[Entries taken from a collection]
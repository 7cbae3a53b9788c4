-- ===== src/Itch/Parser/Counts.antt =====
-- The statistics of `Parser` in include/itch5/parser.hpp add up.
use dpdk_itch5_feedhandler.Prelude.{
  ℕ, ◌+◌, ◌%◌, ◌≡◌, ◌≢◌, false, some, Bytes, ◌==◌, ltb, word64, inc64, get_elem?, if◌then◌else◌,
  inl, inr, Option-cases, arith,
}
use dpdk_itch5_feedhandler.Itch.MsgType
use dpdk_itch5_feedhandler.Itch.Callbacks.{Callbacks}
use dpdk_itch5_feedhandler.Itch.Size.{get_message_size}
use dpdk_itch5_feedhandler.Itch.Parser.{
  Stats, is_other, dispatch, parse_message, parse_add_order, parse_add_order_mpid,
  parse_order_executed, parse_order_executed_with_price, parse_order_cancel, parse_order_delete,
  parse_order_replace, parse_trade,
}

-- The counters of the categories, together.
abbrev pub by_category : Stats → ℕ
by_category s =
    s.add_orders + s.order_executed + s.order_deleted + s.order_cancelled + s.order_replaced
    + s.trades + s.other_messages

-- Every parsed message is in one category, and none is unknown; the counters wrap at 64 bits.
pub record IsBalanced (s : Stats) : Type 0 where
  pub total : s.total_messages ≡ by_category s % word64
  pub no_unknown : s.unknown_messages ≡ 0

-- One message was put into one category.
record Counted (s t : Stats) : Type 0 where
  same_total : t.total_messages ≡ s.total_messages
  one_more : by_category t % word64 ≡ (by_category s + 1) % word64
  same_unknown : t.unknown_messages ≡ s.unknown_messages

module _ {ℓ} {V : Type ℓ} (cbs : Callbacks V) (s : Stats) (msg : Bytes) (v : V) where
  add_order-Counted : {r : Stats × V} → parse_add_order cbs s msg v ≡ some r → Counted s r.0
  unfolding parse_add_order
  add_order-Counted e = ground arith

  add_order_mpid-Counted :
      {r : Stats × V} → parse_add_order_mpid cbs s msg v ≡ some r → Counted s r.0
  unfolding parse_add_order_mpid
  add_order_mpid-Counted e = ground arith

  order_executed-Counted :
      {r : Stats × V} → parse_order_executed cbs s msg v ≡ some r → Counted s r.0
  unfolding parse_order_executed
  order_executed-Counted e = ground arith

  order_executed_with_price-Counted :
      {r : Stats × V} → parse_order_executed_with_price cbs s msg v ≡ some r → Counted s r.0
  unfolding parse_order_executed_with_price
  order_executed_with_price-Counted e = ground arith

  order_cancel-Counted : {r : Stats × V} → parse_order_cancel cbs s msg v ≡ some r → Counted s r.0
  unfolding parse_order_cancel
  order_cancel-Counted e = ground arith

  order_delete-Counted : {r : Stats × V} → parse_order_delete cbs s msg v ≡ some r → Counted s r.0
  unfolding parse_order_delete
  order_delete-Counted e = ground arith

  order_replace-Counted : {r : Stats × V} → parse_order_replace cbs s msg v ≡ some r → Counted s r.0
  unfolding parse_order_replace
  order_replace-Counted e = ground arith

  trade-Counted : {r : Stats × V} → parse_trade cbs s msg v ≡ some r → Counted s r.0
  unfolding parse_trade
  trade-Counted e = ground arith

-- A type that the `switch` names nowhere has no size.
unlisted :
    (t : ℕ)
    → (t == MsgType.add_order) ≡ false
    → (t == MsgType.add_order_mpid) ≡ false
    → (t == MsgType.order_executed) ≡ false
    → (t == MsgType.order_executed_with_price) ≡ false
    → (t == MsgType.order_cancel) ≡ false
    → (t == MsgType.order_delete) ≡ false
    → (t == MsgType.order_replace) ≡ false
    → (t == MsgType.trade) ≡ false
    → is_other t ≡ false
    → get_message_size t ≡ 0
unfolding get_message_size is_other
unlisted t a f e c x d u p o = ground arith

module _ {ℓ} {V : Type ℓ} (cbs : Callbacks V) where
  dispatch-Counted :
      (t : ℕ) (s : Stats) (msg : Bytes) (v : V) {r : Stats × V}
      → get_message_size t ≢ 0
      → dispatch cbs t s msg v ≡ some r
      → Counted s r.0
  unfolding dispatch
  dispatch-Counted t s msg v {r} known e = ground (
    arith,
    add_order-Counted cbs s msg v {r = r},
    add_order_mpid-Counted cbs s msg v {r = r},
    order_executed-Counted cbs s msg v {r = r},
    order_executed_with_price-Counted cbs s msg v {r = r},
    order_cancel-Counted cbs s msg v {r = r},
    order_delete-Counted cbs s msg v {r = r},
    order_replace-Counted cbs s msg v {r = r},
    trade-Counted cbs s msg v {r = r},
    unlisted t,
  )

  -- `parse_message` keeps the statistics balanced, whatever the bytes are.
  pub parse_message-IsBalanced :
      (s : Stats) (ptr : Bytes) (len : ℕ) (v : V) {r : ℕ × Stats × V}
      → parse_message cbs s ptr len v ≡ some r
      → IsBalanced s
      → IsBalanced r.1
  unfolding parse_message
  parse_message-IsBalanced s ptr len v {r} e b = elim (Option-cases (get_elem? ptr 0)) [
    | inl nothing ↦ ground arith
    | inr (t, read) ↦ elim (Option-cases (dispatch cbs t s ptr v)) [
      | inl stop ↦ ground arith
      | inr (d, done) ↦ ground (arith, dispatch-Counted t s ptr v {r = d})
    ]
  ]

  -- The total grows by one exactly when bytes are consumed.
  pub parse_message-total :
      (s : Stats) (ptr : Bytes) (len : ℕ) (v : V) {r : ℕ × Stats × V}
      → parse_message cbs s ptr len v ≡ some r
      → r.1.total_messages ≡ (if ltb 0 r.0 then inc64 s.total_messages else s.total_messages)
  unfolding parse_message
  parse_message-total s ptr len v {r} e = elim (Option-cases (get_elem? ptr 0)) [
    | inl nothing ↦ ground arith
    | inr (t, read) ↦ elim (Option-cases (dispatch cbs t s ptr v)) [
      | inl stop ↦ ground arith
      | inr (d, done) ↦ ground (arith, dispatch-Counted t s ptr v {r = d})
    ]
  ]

- What the task requires -
What the exercise needs is every record again, word for word.

- Answer space -
repository 7cbae3a53b9788c4
-- ===== src/Itch/Parser/Counts.antt =====
-- The statistics of `Parser` in include/itch5/parser.hpp add up.
use dpdk_itch5_feedhandler.Prelude.{
  ℕ, ◌+◌, ◌%◌, ◌≡◌, ◌≢◌, false, some, Bytes, ◌==◌, ltb, word64, inc64, get_elem?, if◌then◌else◌,
  inl, inr, Option-cases, arith,
}
use dpdk_itch5_feedhandler.Itch.MsgType
use dpdk_itch5_feedhandler.Itch.Callbacks.{Callbacks}
use dpdk_itch5_feedhandler.Itch.Size.{get_message_size}
use dpdk_itch5_feedhandler.Itch.Parser.{
  Stats, is_other, dispatch, parse_message, parse_add_order, parse_add_order_mpid,
  parse_order_executed, parse_order_executed_with_price, parse_order_cancel, parse_order_delete,
  parse_order_replace, parse_trade,
}

-- The counters of the categories, together.
abbrev pub by_category : Stats → ℕ
by_category s =
    s.add_orders + s.order_executed + s.order_deleted + s.order_cancelled + s.order_replaced
    + s.trades + s.other_messages

-- Every parsed message is in one category, and none is unknown; the counters wrap at 64 bits.
pub record IsBalanced (s : Stats) : Type 0 where
  pub total : s.total_messages ≡ by_category s % word64
  pub no_unknown : s.unknown_messages ≡ 0

-- One message was put into one category.
record Counted (s t : Stats) : Type 0 where
  same_total : t.total_messages ≡ s.total_messages
  one_more : by_category t % word64 ≡ (by_category s + 1) % word64
  same_unknown : t.unknown_messages ≡ s.unknown_messages

module _ {ℓ} {V : Type ℓ} (cbs : Callbacks V) (s : Stats) (msg : Bytes) (v : V) where
  add_order-Counted : {r : Stats × V} → parse_add_order cbs s msg v ≡ some r → Counted s r.0
  unfolding parse_add_order
  add_order-Counted e = ground arith

  add_order_mpid-Counted :
      {r : Stats × V} → parse_add_order_mpid cbs s msg v ≡ some r → Counted s r.0
  unfolding parse_add_order_mpid
  add_order_mpid-Counted e = ground arith

  order_executed-Counted :
      {r : Stats × V} → parse_order_executed cbs s msg v ≡ some r → Counted s r.0
  unfolding parse_order_executed
  order_executed-Counted e = ground arith

  order_executed_with_price-Counted :
      {r : Stats × V} → parse_order_executed_with_price cbs s msg v ≡ some r → Counted s r.0
  unfolding parse_order_executed_with_price
  order_executed_with_price-Counted e = ground arith

  order_cancel-Counted : {r : Stats × V} → parse_order_cancel cbs s msg v ≡ some r → Counted s r.0
  unfolding parse_order_cancel
  order_cancel-Counted e = ground arith

  order_delete-Counted : {r : Stats × V} → parse_order_delete cbs s msg v ≡ some r → Counted s r.0
  unfolding parse_order_delete
  order_delete-Counted e = ground arith

  order_replace-Counted : {r : Stats × V} → parse_order_replace cbs s msg v ≡ some r → Counted s r.0
  unfolding parse_order_replace
  order_replace-Counted e = ground arith

  trade-Counted : {r : Stats × V} → parse_trade cbs s msg v ≡ some r → Counted s r.0
  unfolding parse_trade
  trade-Counted e = ground arith

-- A type that the `switch` names nowhere has no size.
unlisted :
    (t : ℕ)
    → (t == MsgType.add_order) ≡ false
    → (t == MsgType.add_order_mpid) ≡ false
    → (t == MsgType.order_executed) ≡ false
    → (t == MsgType.order_executed_with_price) ≡ false
    → (t == MsgType.order_cancel) ≡ false
    → (t == MsgType.order_delete) ≡ false
    → (t == MsgType.order_replace) ≡ false
    → (t == MsgType.trade) ≡ false
    → is_other t ≡ false
    → get_message_size t ≡ 0
unfolding get_message_size is_other
unlisted t a f e c x d u p o = ground arith

module _ {ℓ} {V : Type ℓ} (cbs : Callbacks V) where
  dispatch-Counted :
      (t : ℕ) (s : Stats) (msg : Bytes) (v : V) {r : Stats × V}
      → get_message_size t ≢ 0
      → dispatch cbs t s msg v ≡ some r
      → Counted s r.0
  unfolding dispatch
  dispatch-Counted t s msg v {r} known e = ground (
    arith,
    add_order-Counted cbs s msg v {r = r},
    add_order_mpid-Counted cbs s msg v {r = r},
    order_executed-Counted cbs s msg v {r = r},
    order_executed_with_price-Counted cbs s msg v {r = r},
    order_cancel-Counted cbs s msg v {r = r},
    order_delete-Counted cbs s msg v {r = r},
    order_replace-Counted cbs s msg v {r = r},
    trade-Counted cbs s msg v {r = r},
    unlisted t,
  )

  -- `parse_message` keeps the statistics balanced, whatever the bytes are.
  pub parse_message-IsBalanced :
      (s : Stats) (ptr : Bytes) (len : ℕ) (v : V) {r : ℕ × Stats × V}
      → parse_message cbs s ptr len v ≡ some r
      → IsBalanced s
      → IsBalanced r.1
  unfolding parse_message
  parse_message-IsBalanced s ptr len v {r} e b = elim (Option-cases (get_elem? ptr 0)) [
    | inl nothing ↦ ground arith
    | inr (t, read) ↦ elim (Option-cases (dispatch cbs t s ptr v)) [
      | inl stop ↦ ground arith
      | inr (d, done) ↦ ground (arith, dispatch-Counted t s ptr v {r = d})
    ]
  ]

  -- The total grows by one exactly when bytes are consumed.
  pub parse_message-total :
      (s : Stats) (ptr : Bytes) (len : ℕ) (v : V) {r : ℕ × Stats × V}
      → parse_message cbs s ptr len v ≡ some r
      → r.1.total_messages ≡ (if ltb 0 r.0 then inc64 s.total_messages else s.total_messages)
  unfolding parse_message
  parse_message-total s ptr len v {r} e = elim (Option-cases (get_elem? ptr 0)) [
    | inl nothing ↦ ground arith
    | inr (t, read) ↦ elim (Option-cases (dispatch cbs t s ptr v)) [
      | inl stop ↦ ground arith
      | inr (d, done) ↦ ground (arith, dispatch-Counted t s ptr v {r = d})
    ]
  ]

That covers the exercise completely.